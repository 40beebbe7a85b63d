-- ===== src/StringObject/Laws.antt =====
-- The block of a string has room for its closing nul, and the count of references frees it in time.
use objective_9c.Prelude.{
  ℕ, zero, suc, ◌+◌, ◌-◌, ◌*◌, ◌/◌, ◌≤◌, ◌<◌, ◌≡◌, refl, ◌∙◌, inl, inr, List, [], ◌∷◌, some, Bool,
  true, false, ◌==◌, ltb, leb, arith, Bool-cases, Bytes, length, take_all,
}
use objective_9c.Prelude.Int.{pos}
use objective_9c.StringObject.{
  StringObject, max_ulong, size_class, string_new, string_from_c, retain, release, drop_ref,
}

size_class_lem : (rounds len c : ℕ) → 0 < c → len < c + rounds → len < size_class rounds len c
unfolding size_class
size_class_lem zero len c h k = omega arith
size_class_lem (suc rounds) len c h k = elim (Bool-cases (leb c len)) [
  | inr done ↦ rw done (ground arith)
  | inl more ↦ elim (Bool-cases (ltb (max_ulong / 2) c)) [
    | inl last ↦ rw (more, last) (omega arith)
    | inr next ↦ rw (more, next) (size_class_lem rounds len (c * 2) (omega arith) (omega arith))
  ]
]

-- Of a C string of at most 2 ^ 32 - 2 bytes `o9_string_from_c`, with memory, makes the string of those
-- bytes with one reference, in a block that has room for the closing nul.
pub string_from_c_lem :
    (junk s : Bytes)
    → length s ≤ max_ulong - 1
    → (o : StringObject) × (string_from_c true junk (some s) ≡ some o)
      × (o.bytes ≡ s)
      × (length s < o.cap)
      × (o.ref ≡ pos 1)
      × (o.freed ≡ false)
unfolding string_from_c string_new
string_from_c_lem junk s h =
    let fits : ltb (max_ulong - 1) (length s) ≡ false = ground arith in
    rw fits (
      _,
      refl,
      take_all (length s) s (omega arith),
      size_class_lem (length s + 1) (length s) 32 (omega arith) (omega arith),
      refl,
      refl,
    )

-- the number of owners, along a sequence of retains (true) and releases (false)
abbrev pub owners : ℕ → List Bool → ℕ
owners n [] = n
owners n (true ∷ ops) = owners (suc n) ops
owners zero (false ∷ ops) = 0
owners (suc n) (false ∷ ops) = owners n ops

-- each call is made by someone who owns the string
abbrev pub IsOwned : ℕ → List Bool → Type 0
IsOwned n [] = 0 ≤ n
IsOwned zero (b ∷ ops) = 1 ≤ 0
IsOwned (suc n) (true ∷ ops) = IsOwned (suc (suc n)) ops
IsOwned (suc n) (false ∷ ops) = IsOwned n ops

abbrev pub run : StringObject → List Bool → StringObject
run s [] = s
run s (true ∷ ops) = run (retain s) ops
run s (false ∷ ops) = run (release s) ops

-- the object agrees with the number of its owners: it is freed when there is none
abbrev Agrees : ℕ → StringObject → Type 0
Agrees n s = (s.ref ≡ pos n) × (s.freed ≡ (n == 0))

retain-Agrees : (n : ℕ) (s : StringObject) → Agrees (suc n) s → Agrees (suc (suc n)) (retain s)
unfolding retain
retain-Agrees n s (e, f) = rw e (refl, f ∙ ground arith)

release-Agrees : (n : ℕ) (s : StringObject) → Agrees (suc n) s → Agrees n (release s)
unfolding release drop_ref
release-Agrees zero s (e, f) = rw e (refl, refl)
release-Agrees (suc n) s (e, f) = rw e (refl, f ∙ ground arith)

-- While only owners retain and release a heap string, its count is the number of owners, and it is
-- freed exactly if none is left: never earlier, and not forgotten.
pub run-refs :
    (ops : List Bool) (n : ℕ) (s : StringObject)
    → IsOwned n ops
    → s.ref ≡ pos n
    → s.freed ≡ (n == 0)
    → ((run s ops).ref ≡ pos (owners n ops)) × ((run s ops).freed ≡ (owners n ops == 0))
run-refs [] n s h e f = (e, f)
run-refs (b ∷ ops) zero s h e f = elim h [ ]
run-refs (true ∷ ops) (suc n) s h e f =
    let (e', f') = retain-Agrees n s (e, f) in run-refs ops (suc (suc n)) (retain s) h e' f'
run-refs (false ∷ ops) (suc n) s h e f =
    let (e', f') = release-Agrees n s (e, f) in run-refs ops n (release s) h e' f'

TASK STATEMENT: Return all lines of the material above in which "List" occurs.

PROBLEM SOLUTION:
  ℕ, zero, suc, ◌+◌, ◌-◌, ◌*◌, ◌/◌, ◌≤◌, ◌<◌, ◌≡◌, refl, ◌∙◌, inl, inr, List, [], ◌∷◌, some, Bool,
abbrev pub owners : ℕ → List Bool → ℕ
abbrev pub IsOwned : ℕ → List Bool → Type 0
abbrev pub run : StringObject → List Bool → StringObject
    (ops : List Bool) (n : ℕ) (s : StringObject)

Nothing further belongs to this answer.